### [What to produce]
Output must match the data below exactly from its first line through the line that contains "score_positive snippet e", with no other line.

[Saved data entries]
-- ===== src/Evidence/Support.antt =====
-- The support check of app/services/evidence_validation.py against a search for one good snippet.
use mathlib.Core.Path.{subst}
use native.Mathlib.Nat.{le_of_mul-le-mul_right, mul-le-mul_right}
use rfp.Evidence.{EvidenceOps}
use rfp.Evidence.Grounding.{
  Best, Score, above, all_tokens, best_of, better, check_claim_support, is_nil, no_support, overlap,
  support_of, tokenize,
}
use rfp.Prelude.{
  Any, List, Text, [], arith, false, if_both, inl, inr, length, member, refl, true, ◌*◌, ◌<◌, ◌↔◌,
  ◌∷◌, ◌≡◌, ◌≤◌, ◌⊎◌,
}

abbrev AtMost : Score → Score → Type 0
AtMost s t = s.shared * t.combined ≤ t.shared * s.combined

above-AtMost : (s t : Score) → (above s t ≡ false) ↔ AtMost s t
unfolding above
above-AtMost s t = (λ e. ground (arith, e), λ h. ground (arith, h))

AtMost-trans : (s t u : Score) → 0 < t.combined → AtMost s t → AtMost t u → AtMost s u
AtMost-trans s t u pos st tu =
    le_of_mul-le-mul_right {k = t.combined}
      (omega (arith, mul-le-mul_right u.combined st, mul-le-mul_right s.combined tu)) pos

above_reverses : (s t : Score) → above s t ≡ true → AtMost t s
unfolding above
above_reverses s t e = ground (arith, e)

all_tokens_nonempty :
    (claim_tokens bs : List Text) → is_nil bs ≡ false → 0 < length (all_tokens claim_tokens bs)
unfolding all_tokens
all_tokens_nonempty [] [] e = absurd (ground (arith, e))
all_tokens_nonempty [] (b ∷ bs) e = omega arith
all_tokens_nonempty (a ∷ rest) bs e =
    if_both (λ (r : List Text). 0 < length r) (member a bs) _ _ (λ _. all_tokens_nonempty rest bs e)
      (λ _. omega arith)

module _ (ops : EvidenceOps) (claim_tokens : List Text) where
  -- The score of a snippet that has tokens.
  abbrev pub score_of : Text → Score
  score_of snippet = overlap claim_tokens (tokenize ops snippet)

  abbrev pub Scored : Text → Type 0
  Scored snippet = is_nil (tokenize ops snippet) ≡ false

  score_positive : (snippet : Text) → Scored snippet → 0 < (score_of snippet).combined
  unfolding overlap
  score_positive snippet e = all_tokens_nonempty claim_tokens (tokenize ops snippet) e

  -- What a round keeps: the score that stood, and that of the snippet, are at most the new one, which
  -- is one of the two.
  record Round (best : Best) (snippet : Text) (after : Best) : Type 0 where
    positive : 0 < best.best_score.combined → 0 < after.best_score.combined
    keeps : AtMost best.best_score after.best_score
    covers : Scored snippet → AtMost (score_of snippet) after.best_score
    origin :
        (after.best_score ≡ best.best_score)
        ⊎ (Scored snippet × (after.best_score ≡ score_of snippet))

  better-Round :
      (best : Best) (snippet : Text) → Round best snippet (better ops claim_tokens best snippet)
  unfolding better
  better-Round best snippet =
      if_both (Round best snippet) (is_nil (tokenize ops snippet)) _ _
        (λ e. record {
          positive = λ p. p;
          keeps = omega arith;
          covers = λ scored. absurd (ground (arith, e, scored));
          origin = inl refl;
        })
        (λ scored.
          if_both (Round best snippet) (above (score_of snippet) best.best_score) _ _
            (λ e. record {
              positive = λ p. score_positive snippet scored;
              keeps = above_reverses (score_of snippet) best.best_score e;
              covers = λ _. omega arith;
              origin = inr (scored, refl);
            })
            (λ e. record {
              positive = λ p. p;
              keeps = omega arith;
              covers = λ _. (above-AtMost (score_of snippet) best.best_score).0 e;
              origin = inl refl;
            }))

  abbrev pub Reaches : Score → Text → Type 0
  Reaches low snippet = Scored snippet × (above low (score_of snippet) ≡ false)

  carried :
      (low : Score) (s : Text) (rest : List Text) (best after : Best)
      → 0 < best.best_score.combined
      → Round best s after
      → AtMost low best.best_score ⊎ Any (Reaches low) (s ∷ rest)
      → AtMost low after.best_score ⊎ Any (Reaches low) rest
  carried low s rest best after pos round (inl h) =
      inl (AtMost-trans low best.best_score after.best_score pos h round.keeps)
  carried low s rest best after pos round (inr (inl (scored, e))) = inl (
      AtMost-trans low (score_of s) after.best_score (score_positive s scored)
        ((above-AtMost low (score_of s)).0 e) (round.covers scored))
  carried low s rest best after pos round (inr (inr later)) = inr later

  traced :
      (low : Score) (s : Text) (rest : List Text) (best after : Best)
      → Round best s after
      → AtMost low after.best_score ⊎ Any (Reaches low) rest
      → AtMost low best.best_score ⊎ Any (Reaches low) (s ∷ rest)
  traced low s rest best after round (inr later) = inr (inr later)
  traced low s rest best after round (inl h) = elim round.origin [
    | inl e ↦ inl (subst (AtMost low) e h)
    | inr (scored, e) ↦
        inr (inl (scored, (above-AtMost low (score_of s)).1 (subst (AtMost low) e h)))
  ]

  -- What was reached by the start or by a snippet is reached by the result.
  best_of-Reaches :
      (low : Score) (snippets : List Text) (best : Best)
      → 0 < best.best_score.combined
      → AtMost low best.best_score ⊎ Any (Reaches low) snippets
      → AtMost low (best_of ops claim_tokens snippets best).best_score
  unfolding best_of
  best_of-Reaches low [] best pos (inl h) = h
  best_of-Reaches low [] best pos (inr none_left) = absurd none_left
  best_of-Reaches low (s ∷ rest) best pos reached =
      let round = better-Round best s in
      best_of-Reaches low rest (better ops claim_tokens best s) (round.positive pos)
        (carried low s rest best _ pos round reached)

  -- The result is the start's or that of a snippet.
  best_of_origin :
      (low : Score) (snippets : List Text) (best : Best)
      → AtMost low (best_of ops claim_tokens snippets best).best_score
      → AtMost low best.best_score ⊎ Any (Reaches low) snippets
  unfolding best_of
  best_of_origin low [] best h = inl h
  best_of_origin low (s ∷ rest) best h =
      traced low s rest best _ (better-Round best s)
        (best_of_origin low rest (better ops claim_tokens best s) h)

not_start : (threshold : Score) → 0 < threshold.shared → ¬ AtMost threshold no_support.best_score
not_start threshold pos h = ground (arith, pos, h)

from_snippet :
    (ops : EvidenceOps) (claim_tokens : List Text) (threshold : Score) (snippets : List Text)
    → 0 < threshold.shared
    → AtMost threshold no_support.best_score ⊎ Any (Reaches ops claim_tokens threshold) snippets
    → Any (Reaches ops claim_tokens threshold) snippets
from_snippet ops claim_tokens threshold snippets pos (inl h) = absurd (not_start threshold pos h)
from_snippet ops claim_tokens threshold snippets pos (inr some_snippet) = some_snippet

supported_iff :
    (ops : EvidenceOps) (threshold : Score) (claim_tokens snippets : List Text)
    → 0 < threshold.shared
    → ((support_of threshold (best_of ops claim_tokens snippets no_support)).is_supported ≡ true)
      ↔ Any (Reaches ops claim_tokens threshold) snippets
unfolding support_of
supported_iff ops threshold claim_tokens snippets pos =
    let best = best_of ops claim_tokens snippets no_support in
    (
      λ e. from_snippet ops claim_tokens threshold snippets pos (
          best_of_origin ops claim_tokens threshold snippets no_support
            ((above-AtMost threshold best.best_score).0 (ground (arith, e)))),
      λ found_one.
          let h = (above-AtMost threshold best.best_score).1 (
            best_of-Reaches ops claim_tokens threshold snippets no_support (omega arith)
              (inr found_one)) in
          ground (arith, h),
    )

-- A claim with tokens is supported exactly if one of the snippets has tokens and reaches the
-- threshold by itself; the threshold is above zero.
pub check_claim_support_iff :
    (ops : EvidenceOps) (threshold : Score) (snippets : List Text) (claim : Text)
    → 0 < threshold.shared
    → is_nil (tokenize ops claim) ≡ false
    → ((check_claim_support ops threshold snippets claim).is_supported ≡ true)
      ↔ Any (Reaches ops (tokenize ops claim) threshold) snippets
unfolding check_claim_support support_of
check_claim_support_iff ops threshold snippets claim pos e =
    rw e (supported_iff ops threshold (tokenize ops claim) snippets pos)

### [Response area]
-- ===== src/Evidence/Support.antt =====
-- The support check of app/services/evidence_validation.py against a search for one good snippet.
use mathlib.Core.Path.{subst}
use native.Mathlib.Nat.{le_of_mul-le-mul_right, mul-le-mul_right}
use rfp.Evidence.{EvidenceOps}
use rfp.Evidence.Grounding.{
  Best, Score, above, all_tokens, best_of, better, check_claim_support, is_nil, no_support, overlap,
  support_of, tokenize,
}
use rfp.Prelude.{
  Any, List, Text, [], arith, false, if_both, inl, inr, length, member, refl, true, ◌*◌, ◌<◌, ◌↔◌,
  ◌∷◌, ◌≡◌, ◌≤◌, ◌⊎◌,
}

abbrev AtMost : Score → Score → Type 0
AtMost s t = s.shared * t.combined ≤ t.shared * s.combined

above-AtMost : (s t : Score) → (above s t ≡ false) ↔ AtMost s t
unfolding above
above-AtMost s t = (λ e. ground (arith, e), λ h. ground (arith, h))

AtMost-trans : (s t u : Score) → 0 < t.combined → AtMost s t → AtMost t u → AtMost s u
AtMost-trans s t u pos st tu =
    le_of_mul-le-mul_right {k = t.combined}
      (omega (arith, mul-le-mul_right u.combined st, mul-le-mul_right s.combined tu)) pos

above_reverses : (s t : Score) → above s t ≡ true → AtMost t s
unfolding above
above_reverses s t e = ground (arith, e)

all_tokens_nonempty :
    (claim_tokens bs : List Text) → is_nil bs ≡ false → 0 < length (all_tokens claim_tokens bs)
unfolding all_tokens
all_tokens_nonempty [] [] e = absurd (ground (arith, e))
all_tokens_nonempty [] (b ∷ bs) e = omega arith
all_tokens_nonempty (a ∷ rest) bs e =
    if_both (λ (r : List Text). 0 < length r) (member a bs) _ _ (λ _. all_tokens_nonempty rest bs e)
      (λ _. omega arith)

module _ (ops : EvidenceOps) (claim_tokens : List Text) where
  -- The score of a snippet that has tokens.
  abbrev pub score_of : Text → Score
  score_of snippet = overlap claim_tokens (tokenize ops snippet)

  abbrev pub Scored : Text → Type 0
  Scored snippet = is_nil (tokenize ops snippet) ≡ false

  score_positive : (snippet : Text) → Scored snippet → 0 < (score_of snippet).combined
  unfolding overlap
  score_positive snippet e = all_tokens_nonempty claim_tokens (tokenize ops snippet) e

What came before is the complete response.